By Stephanie O’Silas, MS, CCC-SLP, Business Management Committee Member
Controlling the narrative of your clinical practice through documentation is critical for your survival as a therapist. Maintaining detailed documentation and good recordkeeping are the surest ways to safeguard you against blind-spot liabilities in the current healthcare climate.
Documentation is likely the most dreaded and cumbersome responsibility of a speech-language pathologist (SLP) or audiologist. Given my role in the arena of risk management for my own rehabilitation company and for my contracted clients that include hospital, post-acute medical, and school settings, I'm fortunate to now understand the full picture for why "controlling my narrative" or keeping detailed records is important. Kept simply, compliance matters across all settings. Each clinical setting or company sets standards for documentation compliance. Your documentation plays a significant role in whether these organizations maintain compliance. We also must realize that we are at the mercy of third-party reviewers who require detailed, accurate, and compliant documentation. They will not make any assumptions on your behalf. It’s from this dynamic that the saying, “if it wasn’t documented, it didn’t happen” hails.
These “third parties” can be utilization reviewers employed or contracted by healthcare organizations or insurance companies. They can be lawyers in the circumstance of due process or litigation. They can be patients or student advocates. They can be ethics review committees or an outsourced oversight body established within your school or medical setting. In the grand scheme, our records are often subject to audit by persons who are not SLPs, audiologists or in healthcare. This process is sometimes referred to as “quality assurance.” Given this reality, we should never let it be so easy for these reviewers to put our practice or payment in jeopardy based on their review and analysis of our documentation. The clinician who is proactive with good recordkeeping stays in control of their practice narrative.
The audit phase can be very uncomfortable when your records are scrutinized, questioned, or, worse, caused to implicate your license and practice due to insufficient, false, or errant documentation. Yearly, there are an abundance of Texas Department of Licensing and Regulation (TDLR) disciplinary actions based on the accusation that “respondent failed to maintain accurate records of professional services rendered” (TDLR, Administrative Orders 2021). The grand takeaway for every clinician is to safeguard yourself against ambiguous legal language that can leave excess room for themisinterpretation of your documentation and recordkeeping.

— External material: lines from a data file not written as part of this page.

-- ===== src/Rpc/Admin/Arguments.antt =====
-- The tests on the arguments of a call: a call is one operation, or it is refused and changes
-- nothing, where this holds of what follows a test.
use ratnet.Prelude.{ℕ, ◌≡◌, refl, Bool, Option, none, some, List, [], ◌∷◌, Bytes}
use ratnet.Go.{Failure, failed}
use ratnet.Wire.Value.{Value, Values, end, item, PubKey, Bundle}
use ratnet.Rpc.{
  NodeApi, Answer, with_one, with_two, with_three, with_string, with_strings, with_bytes,
  with_int64, with_bundle, with_key,
}
use ratnet.Rpc.Admin.{with_flag, with_group, with_optional_key}
use ratnet.Rpc.Admin.Requests.{Request, perform}

-- The errors of a call that cannot be read.
abbrev pub IsRefusal : Failure → Type 0
IsRefusal Failure.invalid_argument_count = Unit
IsRefusal Failure.invalid_argument = Unit
IsRefusal Failure.invalid_argument_1 = Unit
IsRefusal Failure.invalid_argument_2 = Unit
IsRefusal Failure.invalid_argument_3 = Unit
IsRefusal Failure.invalid_bool = Unit
IsRefusal Failure.no_such_method = Unit
IsRefusal _ = ⊥

module _ {S Ecc Rsa : Type 0} (node : NodeApi S Ecc Rsa) (byte_limit : ℕ)
    (P : Request Ecc Rsa → Type 0) where
  -- What is answered is one operation, of those that `P` allows, or a refusal that changes nothing.
  pub data Dispatched (act : Answer S Ecc Rsa) : Type 0 where
    performs :
        (r : Request Ecc Rsa)
        → P r
        → ((s : S) → act s ≡ perform node byte_limit r s)
        → Dispatched act
    refuses : (e : Failure) → IsRefusal e → ((s : S) → act s ≡ (failed e, s)) → Dispatched act

  pub one :
      (args : Values Ecc Rsa) (k : Value Ecc Rsa → Values Ecc Rsa → Answer S Ecc Rsa)
      → ((a : Value Ecc Rsa) (more : Values Ecc Rsa) → Dispatched (k a more))
      → Dispatched (with_one args k)
  unfolding with_one
  one end k h = refuses _ tt (λ s. refl)
  one (item a args) k h = h a args

  pub two :
      (args : Values Ecc Rsa)
      (k : Value Ecc Rsa → Value Ecc Rsa → Values Ecc Rsa → Answer S Ecc Rsa)
      → ((a b : Value Ecc Rsa) (more : Values Ecc Rsa)
          → args ≡ item a (item b more)
          → Dispatched (k a b more))
      → Dispatched (with_two args k)
  unfolding with_two
  two end k h = refuses _ tt (λ s. refl)
  two (item a end) k h = refuses _ tt (λ s. refl)
  two (item a (item b args)) k h = h a b args refl

  pub text :
      (e : Failure) (v : Value Ecc Rsa) (k : Bytes → Answer S Ecc Rsa)
      → IsRefusal e
      → ((t : Bytes) → Dispatched (k t))
      → Dispatched (with_string e v k)
  unfolding with_string
  text e (Value.string t) k r h = h t
  text e _ k r h = refuses e r (λ s. refl)

  pub three :
      (args : Values Ecc Rsa)
      (k : Value Ecc Rsa → Value Ecc Rsa → Value Ecc Rsa → Values Ecc Rsa → Answer S Ecc Rsa)
      → ((a b c : Value Ecc Rsa) (more : Values Ecc Rsa) → Dispatched (k a b c more))
      → Dispatched (with_three args k)
  unfolding with_three
  three end k h = refuses _ tt (λ s. refl)
  three (item a end) k h = refuses _ tt (λ s. refl)
  three (item a (item b end)) k h = refuses _ tt (λ s. refl)
  three (item a (item b (item c args))) k h = h a b c args

  pub texts :
      (e : Failure) (vs : Values Ecc Rsa) (k : List Bytes → Answer S Ecc Rsa)
      → IsRefusal e
      → ((ts : List Bytes) → Dispatched (k ts))
      → Dispatched (with_strings e vs k)
  unfolding with_strings
  texts e end k r h = h []
  texts e (item a vs) k r h = text e a _ r λ t. texts e vs _ r λ ts. h (t ∷ ts)

  pub key :
      (e : Failure) (v : Value Ecc Rsa) (k : PubKey Ecc Rsa → Answer S Ecc Rsa)
      → IsRefusal e
      → ((p : PubKey Ecc Rsa) → Dispatched (k p))
      → Dispatched (with_key e v k)
  unfolding with_key
  key e (Value.pub_key p) k r h = h p
  key e _ k r h = refuses e r (λ s. refl)

  pub int :
      (e : Failure) (v : Value Ecc Rsa) (k : ℕ → Answer S Ecc Rsa)
      → IsRefusal e
      → ((n : ℕ) → v ≡ Value.int64 n → Dispatched (k n))
      → Dispatched (with_int64 e v k)
  unfolding with_int64
  int e (Value.int64 n) k r h = h n refl
  int e _ k r h = refuses e r (λ s. refl)

  pub content :
      (v : Value Ecc Rsa) (k : Bytes → Answer S Ecc Rsa)
      → ((bs : Bytes) → Dispatched (k bs))
      → Dispatched (with_bytes v k)
  unfolding with_bytes
  content (Value.bytes bs) k h = h bs
  content _ k h = refuses _ tt (λ s. refl)

  pub bundle :
      (v : Value Ecc Rsa) (k : Bundle → Answer S Ecc Rsa)
      → ((b : Bundle) → Dispatched (k b))
      → Dispatched (with_bundle v k)
  unfolding with_bundle
  bundle (Value.bundle b) k h = h b
  bundle _ k h = refuses _ tt (λ s. refl)

  pub flag :
      (o : Option Bool) (k : Bool → Answer S Ecc Rsa)
      → ((b : Bool) → Dispatched (k b))
      → Dispatched (with_flag o k)
  unfolding with_flag
  flag none k h = refuses _ tt (λ s. refl)
  flag (some b) k h = h b

  pub optional :
      (vs : Values Ecc Rsa) (k : Option (PubKey Ecc Rsa) → Answer S Ecc Rsa)
      → ((o : Option (PubKey Ecc Rsa)) → Dispatched (k o))
      → Dispatched (with_optional_key vs k)
  unfolding with_optional_key
  optional end k h = h none
  optional (item a vs) k h = key _ a _ tt λ p. h (some p)

  pub group :
      (vs : Values Ecc Rsa) (k : List Bytes → Answer S Ecc Rsa)
      → Dispatched (k [])
      → ((g : Bytes) → Dispatched (k (g ∷ [])))
      → Dispatched (with_group vs k)
  unfolding with_group
  group end k h hs = h
  group (item Value.nil vs) k h hs = h
  group (item a vs) k h hs = text Failure.invalid_argument a _ tt hs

Here are some strategies to help navigate documentation to maintain compliance and prevent denials:
- Document the need for your services, supporting medical necessity, need for skilled intervention, and eligibility. It’s important to provide detailed documentation that reflects what you’re working on, goals and progress in goals, and how your skilled intervention impacts the client’s performance. Document the techniques used and type and amount of cues required.
- Write to the tune of your goals. This technique minimizes the space for accusations for not following the goals in the plan of care. If the goal is “Client will imitate…,” your objective area should state in reference “Client imitated….”
- Use actionable language when detailing what you performed (e.g., SLP progressed, modified, advanced, targeted, applied, adjusted). This language will help reflect the skilled nature of our work and portray that only a licensed clinician can perform the service.
- Submit notes within timely filing deadlines and keep up with progress report timelines and recertifications. Submitting detailed notes within a reasonable timeframe is an ethical responsibility for licensed clinicians that also shields you from claims of negligence or unprofessional practice that can result in multiple levels of disciplinary action with your employer or state board.
- Seriously, if it wasn’t documented, it didn’t happen. Utilize electronic medical records as a safeguard. Clinicians should aim to keep clear, detailed records that can easily be transferred to a reviewer in the circumstance of a subpoena, denial, or patient complaint.
- Document what doesn’t happen. We naturally document what happens in therapy, but documenting what does not happen is equally as important. Clinicians should practice controlling the narrative by remembering to document reasons for missed visits to properly illustrate how absences or missed sessions impact client progress or that the patient is simply not progressing but still requires skilled intervention for maintenance therapy. It is commonplace for insurance companies to deny payment for visits because notes may have failed to acknowledge how missed visits adversely impacted progress. An audit or subpoena also can occur years later; therefore, we must rely on detailed and thorough note-taking to help us answer questions that arise. Questions may be related to gaps in service that were not properly accounted for. This easily can be misconstrued as neglect and can cause a patient to win a defense of inadequate services in a personal injury claim of premature or improper discharge from therapy services.
In the grand scheme, all clinicians are at risk of professional liabilities related to recordkeeping and documentation. Re-evaluate the impact of your busy day and how that impacts the quality and timeliness of your documentation. Check your blind spots and safeguard your clinical practice by doing what’s within your control—documenting sufficiently and controlling the narrative.